July 15, 2013
Ask the Doc: Stopping Rx and the Reservoir
Paul Bellman READ TIME: 4 MIN.
We hear this week from Dr. Paul Bellman, who has been on the front lines of the AIDS epidemic since 1981, and is now in private practice in NYC, and affiliated with the New York Presbyterian Hospital and Cornell Weill Medical College. Dr. Bellman looks at the HIV viral reservoir, and stopping Rx.
Q: What is the HIV viral reservoir? Why is that important?
A: The viral reservoir consists of cells including CD4 cells -- but not necessarily just CD4 cells -- that remain infected with HIV even with highly effective drug cocktails that reduce the HIV level to undetectable levels in the blood. Unfortunately, in almost all cases when the cocktail is stopped there is enough virus still present to produce a rapidly escalating viral load and associated immune compromise.
It had been hoped that HIV patients might be able at the least to take breaks from their medication and possibly reduce the toxicity from what currently in the absence of a cure is ongoing therapy.

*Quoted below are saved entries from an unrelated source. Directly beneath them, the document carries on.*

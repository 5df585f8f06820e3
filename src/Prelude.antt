-- ===== src/Prelude.antt =====
-- Names that the components share: the libraries', passed on, Boolean tests on the native numbers,
-- lists measured by them, and the errors-or-value type of the stateful code.
mod Tests
mod Lists
mod Stores
mod Outcome
mod Texts
pub use Tests.*
pub use Lists.*
pub use Outcome.*
pub use Stores.*
pub use Texts.*
pub use Prim.Native.String.{String}
pub use text.Mathlib.TextEquality.{eq_iff}
pub use Prim.Native.Nat.{ℕ, zero, suc, ◌+◌, ◌-◌, ◌*◌, ◌/◌, ◌%◌, ◌^◌, ◌≤◌, ◌<◌, bit_xor, bit_or}
pub use mathlib.Core.Path.{◌≡◌, refl, sym, ap, ◌∙◌}
pub use mathlib.Core.Logic.{◌≢◌, ◌↔◌, ◌⊎◌, inl, inr}
pub use mathlib.Core.Bool.{Bool, true, false, ◌&&◌, ◌||◌, not}
pub use mathlib.Core.Option.{Option, none, some}
pub use mathlib.Core.List.{List, [], ◌∷◌, ◌++◌, map}
pub use native.Mathlib.Omega.{arith}
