-- ===== src/Rcs.antt =====
-- The run control messages of src/proto/FzRCS.proto. A field that is optional and not set is the
-- empty text, which is what its accessor returns.
use fz_daq.Prelude.{List, [], String}

pub data Channel : Type 0 where
  rc setup : Channel

pub data Operation : Type 0 where
  read write : Operation

pub data Module : Type 0 where
  rd psr wr nm cnt : Module

pub record Request : Type 0 where
  pub channel : Channel
  pub operation : Operation
  pub module_of : Module
  pub hostname : String
  pub variable : String
  pub value : String

pub data ErrorCode : Type 0 where
  rcs_ok rcs_err rcs_deny : ErrorCode

pub record RcsNode : Type 0 where
  pub hostname : String
  pub profile : String
  pub status : String

pub record Response : Type 0 where
  pub value : String
  pub errorcode : ErrorCode
  pub reason : String
  pub nodes : List RcsNode

-- What `set_errorcode` and `set_reason` leave of a new response.
abbrev pub answer : ErrorCode → String → Response
answer code text = record { value = ""; errorcode = code; reason = text; nodes = [] }
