-- ===== src/Event.antt =====
-- The messages of src/proto/FzEventSet.proto, as the parser's thread builds them.
-- Objects that C++ code reaches through pointers (blocks, front-end cards, hits, data) lie in one
-- store for each type; a pointer is an object's number, and a repeated field of messages lists
-- such numbers in order. An energy or a waveform is part of its data object.
use fz_daq.Prelude.{ℕ, List, [], map, Bool, false, Option, none, Cells, no_cells}
use Prim.Native.String.{String}

pub data FzDataType : Type 0 where
  qh1 i1 ql1 q2 i2 q3 adc unkdt : FzDataType

-- `value` holds uint32 numbers.
pub record Energy : Type 0 where
  pub value : List ℕ
  pub len_error : Bool

pub record Waveform : Type 0 where
  pub pretrig : ℕ
  pub sample : List ℕ
  pub len_error : Bool

-- `sine` and `cosine` are the bit patterns of int64 numbers, `baseline` that of a float.
pub record FzData : Type 0 where
  pub type : FzDataType
  pub energy : Option Energy
  pub waveform : Option Waveform
  pub sine : ℕ
  pub cosine : ℕ
  pub baseline : ℕ

-- Enumerators of FzFec, FzTelescope and FzDetector are numbers here: the code casts words to them.
pub record FzHit : Type 0 where
  pub ec : ℕ
  pub telid : ℕ
  pub detid : ℕ
  pub feeid : ℕ
  pub gttag : ℕ
  pub dettag : ℕ
  pub trigpat : ℕ
  pub datas : List ℕ

pub record FzFee : Type 0 where
  pub feeid : ℕ
  pub hit : List ℕ
  pub len_error : Bool
  pub crc_error : Bool

pub record FzBlock : Type 0 where
  pub blkid : ℕ
  pub fee : List ℕ
  pub len_error : Bool
  pub crc_error : Bool

pub record FzTrigInfo : Type 0 where
  pub id : ℕ
  pub attr : String
  pub value : ℕ

-- An event with the stores of the objects below it.
pub record FzEvent : Type 0 where
  pub ec : ℕ
  pub regid : ℕ
  pub block : List ℕ
  pub trinfo : List FzTrigInfo
  pub blocks : Cells FzBlock
  pub fees : Cells FzFee
  pub hits : Cells FzHit
  pub datas : Cells FzData

-- A message none of whose fields is set.
abbrev pub new_energy : Energy
new_energy = record { value = []; len_error = false }

abbrev pub new_waveform : Waveform
new_waveform = record { pretrig = 0; sample = []; len_error = false }

abbrev pub new_data : FzData
new_data = record { type = qh1; energy = none; waveform = none; sine = 0; cosine = 0; baseline = 0 }

abbrev pub new_hit : FzHit
new_hit = record {
  ec = 0;
  telid = 0;
  detid = 0;
  feeid = 0;
  gttag = 0;
  dettag = 0;
  trigpat = 0;
  datas = [];
}

abbrev pub new_fee : FzFee
new_fee = record { feeid = 0; hit = []; len_error = false; crc_error = false }

abbrev pub new_block : FzBlock
new_block = record { blkid = 0; fee = []; len_error = false; crc_error = false }

-- `Clear`: no object is left, so every pointer into the event dangles.
abbrev pub new_event : FzEvent
new_event = record {
  ec = 0;
  regid = 0;
  block = [];
  trinfo = [];
  blocks = no_cells new_block;
  fees = no_cells new_fee;
  hits = no_cells new_hit;
  datas = no_cells new_data;
}

-- An event as it is serialized: the objects themselves, where the stores have their numbers.
pub record HitTree : Type 0 where
  pub ec : ℕ
  pub telid : ℕ
  pub detid : ℕ
  pub feeid : ℕ
  pub gttag : ℕ
  pub dettag : ℕ
  pub trigpat : ℕ
  pub datas : List FzData

pub record FeeTree : Type 0 where
  pub feeid : ℕ
  pub hits : List HitTree
  pub len_error : Bool
  pub crc_error : Bool

pub record BlockTree : Type 0 where
  pub blkid : ℕ
  pub fees : List FeeTree
  pub len_error : Bool
  pub crc_error : Bool

pub record EventTree : Type 0 where
  pub ec : ℕ
  pub regid : ℕ
  pub blocks : List BlockTree
  pub trinfo : List FzTrigInfo

abbrev pub hit_tree : FzEvent → FzHit → HitTree
hit_tree ev h = record {
  ec = h.ec;
  telid = h.telid;
  detid = h.detid;
  feeid = h.feeid;
  gttag = h.gttag;
  dettag = h.dettag;
  trigpat = h.trigpat;
  datas = map ev.datas.cell h.datas;
}

abbrev pub fee_tree : FzEvent → FzFee → FeeTree
fee_tree ev f = record {
  feeid = f.feeid;
  hits = map (λ p. hit_tree ev (ev.hits.cell p)) f.hit;
  len_error = f.len_error;
  crc_error = f.crc_error;
}

abbrev pub block_tree : FzEvent → FzBlock → BlockTree
block_tree ev b = record {
  blkid = b.blkid;
  fees = map (λ p. fee_tree ev (ev.fees.cell p)) b.fee;
  len_error = b.len_error;
  crc_error = b.crc_error;
}

abbrev pub event_tree : FzEvent → EventTree
event_tree ev = record {
  ec = ev.ec;
  regid = ev.regid;
  blocks = map (λ p. block_tree ev (ev.blocks.cell p)) ev.block;
  trinfo = ev.trinfo;
}
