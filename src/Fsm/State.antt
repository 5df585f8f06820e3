-- ===== src/Fsm/State.antt =====
-- The state of class FzFSM (src/parser/FzFSM.h) and the objects reached through its pointers.
-- A member is a field; the pointers are numbers of objects in the event's stores.
-- Members of the width of a machine word wrap as the source's do.
use fz_daq.Prelude.{
  ℕ, ◌+◌, ◌%◌, List, [], ◌∷◌, ◌++◌, Bool, true, Option, none, some, ltb, if◌then◌else◌, get_elem?,
  set, Result, ok, err, dangling, over_read, bad_index, or_fault, ◌>>=◌, bit_xor, write, alloc,
}
use fz_daq.Event.{
  FzEvent, FzBlock, FzFee, FzHit, FzData, FzTrigInfo, Energy, Waveform, new_block, new_energy,
  new_waveform,
}

abbrev pub u32 : ℕ → ℕ
u32 n = n % 4294967296

abbrev pub u64 : ℕ → ℕ
u64 n = n % 18446744073709551616

-- The counters of src/proto/FzNodeReport.proto that the machine keeps (uint64).
pub record FsmReport : Type 0 where
  pub in_bytes : ℕ
  pub out_bytes : ℕ
  pub in_events : ℕ
  pub out_events : ℕ
  pub state_invalid : ℕ
  pub events_empty : ℕ
  pub events_good : ℕ
  pub events_bad : ℕ

pub record Fsm : Type 0 where
  pub state_id : ℕ
  pub event : List ℕ
  pub event_size : ℕ
  pub event_index : ℕ
  pub evformat : ℕ
  pub event_is_empty : Bool
  pub ev : FzEvent
  pub blk : ℕ
  pub fee : ℕ
  pub hit : ℕ
  pub d : ℕ
  pub en : ℕ
  pub wf : ℕ
  pub tmp_ec : ℕ
  pub tmp_rawec : ℕ
  pub tag : ℕ
  pub tag_done : Bool
  pub dettag_done : Bool
  pub energy1_done : Bool
  pub energy2_done : Bool
  pub pretrig_done : Bool
  pub wflen_done : Bool
  pub rd_wflen : ℕ
  pub blklen : ℕ
  pub rd_blklen : ℕ
  pub feelen : ℕ
  pub rd_feelen : ℕ
  pub blkcrc : ℕ
  pub rd_blkcrc : ℕ
  pub feecrc : ℕ
  pub rd_feecrc : ℕ
  pub save_blkcrc : ℕ
  pub save_feecrc : ℕ
  pub err_in_event : Bool
  pub fsm_report : FsmReport

-- What the machine does in floating point, as functions on bit patterns:
-- `(uint32_t)((float)v / (float)risetime * 1000)` and `(float)temp_baseline / 16.0`.
pub record Floats : Type 0 where
  pub scale_energy : ℕ → ℕ → ℕ
  pub scale_baseline : ℕ → ℕ

-- `evformat`
abbrev pub fmt_basic : ℕ
fmt_basic = 0

abbrev pub fmt_tag : ℕ
fmt_tag = 1

abbrev pub unkfec : ℕ
unkfec = 16

abbrev pub adcf : ℕ
adcf = 15

abbrev pub unkt : ℕ
unkt = 2

-- The range checks of a front-end card's and a telescope's number.
abbrev pub valid_fec : ℕ → ℕ
valid_fec feeid = if ltb adcf feeid then unkfec else feeid

abbrev pub valid_tel : ℕ → ℕ
valid_tel telid = if ltb 1 telid then unkt else telid

-- event[event_index]
abbrev pub word : Fsm → Result ℕ
word s = or_fault over_read (get_elem? s.event s.event_index)

-- `w` is event[event_index] in all that follows.
abbrev pub update_blk_len : Fsm → Fsm
update_blk_len s = record s { blklen = u32 (s.blklen + 1) }

abbrev pub update_blk_crc : ℕ → Fsm → Fsm
update_blk_crc w s = record s { blkcrc = bit_xor s.blkcrc w }

abbrev pub update_blk : ℕ → Fsm → Fsm
update_blk w s = update_blk_crc w (update_blk_len s)

abbrev pub update_fee_len : Fsm → Fsm
update_fee_len s = record s { feelen = u32 (s.feelen + 1) }

abbrev pub update_fee_crc : ℕ → Fsm → Fsm
update_fee_crc w s = record s { feecrc = bit_xor s.feecrc w }

abbrev pub update_fee : ℕ → Fsm → Fsm
update_fee w s = update_fee_crc w (update_fee_len s)

abbrev pub next_event_word : Fsm → Result Fsm
next_event_word s =
    let t = record s { event_index = u32 (s.event_index + 1) } in
    word t >>= λ w. ok (update_fee w (update_blk w t))

-- `event_index--; blklen--; feelen--`
abbrev pub step_back : Fsm → Fsm
step_back s = record s {
  event_index = u32 (s.event_index + 4294967295);
  blklen = u32 (s.blklen + 4294967295);
  feelen = u32 (s.feelen + 4294967295);
}

-- Writes through the pointers `blk`, `fee`, `hit` and `d`.
abbrev pub with_blk : (FzBlock → FzBlock) → Fsm → Result Fsm
with_blk f s =
    let c = s.ev.blocks in
    if ltb s.blk c.count
    then ok (record s { ev = record s.ev { blocks = write c s.blk (f (c.cell s.blk)) } })
    else err dangling

abbrev pub with_fee : (FzFee → FzFee) → Fsm → Result Fsm
with_fee f s =
    let c = s.ev.fees in
    if ltb s.fee c.count
    then ok (record s { ev = record s.ev { fees = write c s.fee (f (c.cell s.fee)) } })
    else err dangling

abbrev pub with_hit : (FzHit → FzHit) → Fsm → Result Fsm
with_hit f s =
    let c = s.ev.hits in
    if ltb s.hit c.count
    then ok (record s { ev = record s.ev { hits = write c s.hit (f (c.cell s.hit)) } })
    else err dangling

abbrev pub with_d : (FzData → FzData) → Fsm → Result Fsm
with_d f s =
    let c = s.ev.datas in
    if ltb s.d c.count
    then ok (record s { ev = record s.ev { datas = write c s.d (f (c.cell s.d)) } })
    else err dangling

-- Reads through the same pointers.
abbrev pub the_blk : Fsm → Result FzBlock
the_blk s = if ltb s.blk s.ev.blocks.count then ok (s.ev.blocks.cell s.blk) else err dangling

abbrev pub the_fee : Fsm → Result FzFee
the_fee s = if ltb s.fee s.ev.fees.count then ok (s.ev.fees.cell s.fee) else err dangling

abbrev pub the_hit : Fsm → Result FzHit
the_hit s = if ltb s.hit s.ev.hits.count then ok (s.ev.hits.cell s.hit) else err dangling

abbrev pub the_d : Fsm → Result FzData
the_d s = if ltb s.d s.ev.datas.count then ok (s.ev.datas.cell s.d) else err dangling

-- `en` and `wf` point into a data object, to a part that it has.
abbrev pub the_en : Fsm → Result Energy
the_en s =
    if ltb s.en s.ev.datas.count
    then or_fault dangling (s.ev.datas.cell s.en).energy
    else err dangling

abbrev pub the_wf : Fsm → Result Waveform
the_wf s =
    if ltb s.wf s.ev.datas.count
    then or_fault dangling (s.ev.datas.cell s.wf).waveform
    else err dangling

abbrev pub put_en : Energy → Fsm → Fsm
put_en e s =
    let c = s.ev.datas in
    let o = record (c.cell s.en) { energy = some e } in
    record s { ev = record s.ev { datas = write c s.en o } }

abbrev pub put_wf : Waveform → Fsm → Fsm
put_wf v s =
    let c = s.ev.datas in
    let o = record (c.cell s.wf) { waveform = some v } in
    record s { ev = record s.ev { datas = write c s.wf o } }

abbrev pub with_en : (Energy → Energy) → Fsm → Result Fsm
with_en f s = the_en s >>= λ e. ok (put_en (f e) s)

abbrev pub with_wf : (Waveform → Waveform) → Fsm → Result Fsm
with_wf f s = the_wf s >>= λ v. ok (put_wf (f v) s)

-- `en = d->mutable_energy()` and `wf = d->mutable_waveform()`, which add the part if it is absent.
abbrev pub or_new {ℓ} : {A : Type ℓ} → A → Option A → A
or_new a none = a
or_new a (some b) = b

unfoldable pub mutable_energy : Fsm → Result Fsm
mutable_energy s =
    with_d (λ o. record o { energy = some (or_new new_energy o.energy) }) (record s { en = s.d })

unfoldable pub mutable_waveform : Fsm → Result Fsm
mutable_waveform s =
    with_d (λ o. record o { waveform = some (or_new new_waveform o.waveform) })
      (record s { wf = s.d })

-- `blk = ev->add_block()` with both errors set, as its two callers do.
unfoldable pub add_block : Fsm → Fsm
add_block s =
    let e = s.ev in
    let b = record new_block { len_error = true; crc_error = true } in
    record s {
      blk = e.blocks.count;
      ev = record e { block = e.block ++ e.blocks.count ∷ []; blocks = alloc e.blocks b };
    }

-- `fee = blk->add_fee()`, `hit = fee->add_hit()` and `d = hit->add_data()`: the new object, given,
-- is listed in its parent.
unfoldable pub add_fee : FzFee → Fsm → Result Fsm
add_fee o s = do
  t ← with_blk (λ b. record b { fee = b.fee ++ s.ev.fees.count ∷ [] }) s
  ok (record t { fee = s.ev.fees.count; ev = record t.ev { fees = alloc s.ev.fees o } })

unfoldable pub add_hit : FzHit → Fsm → Result Fsm
add_hit o s = do
  t ← with_fee (λ b. record b { hit = b.hit ++ s.ev.hits.count ∷ [] }) s
  ok (record t { hit = s.ev.hits.count; ev = record t.ev { hits = alloc s.ev.hits o } })

unfoldable pub add_data : FzData → Fsm → Result Fsm
add_data o s = do
  t ← with_hit (λ b. record b { datas = b.datas ++ s.ev.datas.count ∷ [] }) s
  ok (record t { d = s.ev.datas.count; ev = record t.ev { datas = alloc s.ev.datas o } })

-- `t = ev->add_trinfo()` and its three setters; `t` is used for nothing else.
abbrev pub add_trinfo : FzTrigInfo → Fsm → Fsm
add_trinfo t s = record s { ev = record s.ev { trinfo = s.ev.trinfo ++ t ∷ [] } }

-- set_value(i, v) of a repeated field
abbrev pub set_value : ℕ → (ℕ → ℕ) → Energy → Result Energy
set_value i f e = do
  v ← or_fault bad_index (get_elem? e.value i)
  ok (record e { value = set e.value i (f v) })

However, a large clinical trial both confirmed the inevitably of viral rebound and thus the existence of the reservoirs as well as showed an adverse health risk associated with stopping treatment. Thus, in the absence of a treatment strategy to prevent viral rebound from the reservoir stopping therapy is strongly discouraged by HIV expert physicians, including myself.
There has been a tremendous amount of scientific research directed at understanding the viral reservoir, including types of cells and tissues within which HIV remains shielded from the cocktail and about how when the cocktail is interrupted, a systemic HIV viral infection is rekindled. It has been said that with effective treatment the residual HIV still in the body is like the embers of a fire that might appear out or almost out. Alas, when therapy is interrupted the embers of HIV are quickly rekindled into roaring flames.
But as we learn more about HIV infection as a whole there is reason to be optimistic that even given the problem of the viral reservoir as an obstacle to cure, strategies might be developed to better confine HIV with the addition of immune-based therapies to antiviral therapies, to allow for some patients to safely stop the cocktail.
Indeed, there is intriguing news from the frontiers of clinical research that this approach is worthy of further study and the financial research support it requires.
Q: But I have heard about some people stopping their drug cocktail and still keeping an undetectable viral load. How is this possible?
A: Recently, Dr. Luis Montaner of the Wistar Institute in Philadelphia reported that in a clinical trial that some patients on the cocktail were able to maintain an undetectable state when the cocktail was stopped by continuing treatment with interferon. Interferon is a long-studied antiviral and immune modulator that has been used successfully to cure some patients of chronic hepatitis B and C infections.
Intriguingly, the patients who maintained an undetectable viral load on interferon in Dr. Montaner's study showed signs of their viral reservoirs diminishing above and beyond that of the cocktail.
While it is doubtful that the weekly interferon shots these patients received for what is now in some patients 48 weeks will lead to a cure, it does suggest that there are other ways of tackling HIV and potentially the reservoir itself.
Last summer at the World International AIDS Conference in Washington, D.C., it was reported by French investigators that a very small proportion of HIV patients treated with the cocktail very soon after contracting HIV were able to safely stop therapy. About 15 percent of these patients maintained undetectable viral loads off the cocktail. Some of these patients are off the cocktail and have been on no other therapy for five years or more. Similarly, some of these patients are showing diminishing sizes of their viral reservoirs sparking the hope that they may be on the road to a durable cure.
As we learn more about these patients, as well as from ongoing and hopefully planned new clinical trials, I believe personally that there is every reason to be optimistic that safe and effective curative treatment strategies will be developed for HIV, the thorny problem of the viral reservoirs notwithstanding.
This hope for a future cure is all the more reason to take advantage of the remarkably safe and effective therapy that exists for HIV today.
Most of the time, if there are a few embers still glowing in a fireplace and one falls asleep on the couch, the fire will still be out in the morning. The good news is that many talented scientists and physicians are physicians and scientists are now seriously engaged in this aspect of HIV research.